Data to use:
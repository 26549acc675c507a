-- ===== src/Scanner/Leaders.antt =====
-- bot/src/bot/scanner/leaders.py. The list `parent` is a function on its indices. `find` has fuel for
-- its loop; `Leaders.Forest` shows that the fuel given is enough.
pub mod Forest
pub mod Links
pub mod Groups
pub mod Roles
pub mod Elections
use quick_stock_bot.Prelude.{
  ℕ, zero, suc, ◌*◌, ◌+◌, Bool, true, false, List, [], ◌∷◌, ◌++◌, nat_eq, length, if◌then◌else◌,
}
use quick_stock_bot.Num.{Float, lit, ◌⊕◌, ◌⊗◌, ◌<?◌, ◌≤?◌}
use quick_stock_bot.Ta.Similarity.{pattern_similarity}
use quick_stock_bot.Scanner.State.{ScanRole, leader, laggard, standalone, TickerState}

abbrev pub Parents : Type 0
Parents = ℕ → ℕ

-- `parent[i] = v`
abbrev pub set_parent : Parents → ℕ → ℕ → Parents
set_parent parent i v x = if nat_eq x i then v else parent x

-- the loop of `find`, with path halving: the root and the list afterwards
pub find : ℕ → ℕ → Parents → ℕ × Parents
find zero i parent = (i, parent)
find (suc fuel) i parent =
    let next = parent (parent i) in
    let rest = find fuel next (set_parent parent i next) in
    if nat_eq (parent i) i then (i, parent) else rest

-- `parent[find(i)] = find(j)`, whose right side is evaluated first
pub union : ℕ → ℕ → ℕ → Parents → Parents
union fuel i j parent =
    let (target, parent') = find fuel j parent in
    let (source, parent'') = find fuel i parent' in set_parent parent'' source target

-- the members of each root, in the order in which the roots appear
abbrev pub Clusters : Type 0
Clusters = List (ℕ × List ℕ)

-- `clusters.setdefault(root, []).append(i)`
pub push : ℕ → ℕ → Clusters → Clusters
push root i [] = (root, i ∷ []) ∷ []
push root i ((key, members) ∷ rest) =
    if nat_eq key root then (key, members ++ (i ∷ [])) ∷ rest else (key, members) ∷ push root i rest

-- the second loop, from index `i` on, as many rounds as the first argument says
pub gather : ℕ → ℕ → ℕ → Parents → Clusters → Clusters
gather zero fuel i parent clusters = clusters
gather (suc rounds) fuel i parent clusters =
    let (root, parent') = find fuel i parent in
    gather rounds fuel (suc i) parent' (push root i clusters)

-- more than the number of pairs
pub fuel_for : ℕ → ℕ
fuel_for n = suc (n * n)

module _ {F : Type 0} ⦃num : Float F⦄ where
  pub is_similar : F → TickerState F → TickerState F → Bool
  is_similar threshold s t = threshold ≤? pattern_similarity s.pattern_signature t.pattern_signature

  -- the inner loop, for `j` from the given index on
  pub join_with : F → ℕ → ℕ → TickerState F → ℕ → List (TickerState F) → Parents → Parents
  join_with threshold fuel i s j [] parent = parent
  join_with threshold fuel i s j (t ∷ ts) parent =
      join_with threshold fuel i s (suc j) ts
        (if is_similar threshold s t then union fuel i j parent else parent)

  pub join_all : F → ℕ → ℕ → List (TickerState F) → Parents → Parents
  join_all threshold fuel i [] parent = parent
  join_all threshold fuel i (s ∷ ss) parent =
      join_all threshold fuel (suc i) ss (join_with threshold fuel i s (suc i) ss parent)

  pub clusters_of : F → List (TickerState F) → Clusters
  unfolding fuel_for
  clusters_of threshold states =
      let fuel = fuel_for (length states) in
      gather (length states) fuel 0 (join_all threshold fuel 0 states (λ i. i)) []

  -- `updated[i] = updated[i].model_copy(update={"role": role})`
  set_role : ℕ → ScanRole → List (TickerState F) → List (TickerState F)
  set_role i role [] = []
  set_role zero role (s ∷ ss) = record s { role = role } ∷ ss
  set_role (suc i) role (s ∷ ss) = s ∷ set_role i role ss

  unfoldable pub score_of : TickerState F → F
  score_of s = s.pct_change ⊕ s.macd_state.favorability ⊗ lit 10 0

  -- `_leader_score(idx)`; the indices are in range
  pub leader_score : List (TickerState F) → ℕ → F
  unfolding score_of
  leader_score [] i = lit 0 0
  leader_score (s ∷ ss) zero = score_of s
  leader_score (s ∷ ss) (suc i) = leader_score ss i

  -- `max(indices, key=_leader_score)` keeps the first of equals.
  best_of : List (TickerState F) → ℕ → List ℕ → ℕ
  unfolding leader_score
  best_of updated best [] = best
  best_of updated best (i ∷ rest) =
      best_of updated (if leader_score updated best <? leader_score updated i then i else best) rest

  pub has_news_at : ℕ → List (TickerState F) → Bool
  has_news_at i [] = false
  has_news_at zero (s ∷ ss) = s.has_news
  has_news_at (suc i) (s ∷ ss) = has_news_at i ss

  -- the role of a member other than the best
  follow_one : ℕ → ℕ → List (TickerState F) → List (TickerState F)
  unfolding has_news_at set_role
  follow_one best i updated =
      if nat_eq i best
      then updated
      else set_role i (if has_news_at i updated then laggard else standalone) updated

  follow : ℕ → List ℕ → List (TickerState F) → List (TickerState F)
  unfolding follow_one
  follow best [] updated = updated
  follow best (i ∷ rest) updated = follow best rest (follow_one best i updated)

  pub elect : List ℕ → List (TickerState F) → List (TickerState F)
  unfolding follow best_of
  elect [] updated = updated
  elect (i ∷ []) updated = set_role i standalone updated
  elect (i ∷ j ∷ rest) updated =
      let best = best_of updated i (j ∷ rest) in
      follow best (i ∷ j ∷ rest) (set_role best leader updated)

  pub elect_all : Clusters → List (TickerState F) → List (TickerState F)
  unfolding elect
  elect_all [] updated = updated
  elect_all ((_, indices) ∷ rest) updated = elect_all rest (elect indices updated)

  unfoldable pub assign_roles : F → List (TickerState F) → List (TickerState F)
  unfolding clusters_of elect_all
  assign_roles threshold states = elect_all (clusters_of threshold states) states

How to complete this task:
Where does the string "rounds" occur in the material? Copy every line where it does.

Result:
-- the second loop, from index `i` on, as many rounds as the first argument says
gather (suc rounds) fuel i parent clusters =
    gather rounds fuel (suc i) parent' (push root i clusters)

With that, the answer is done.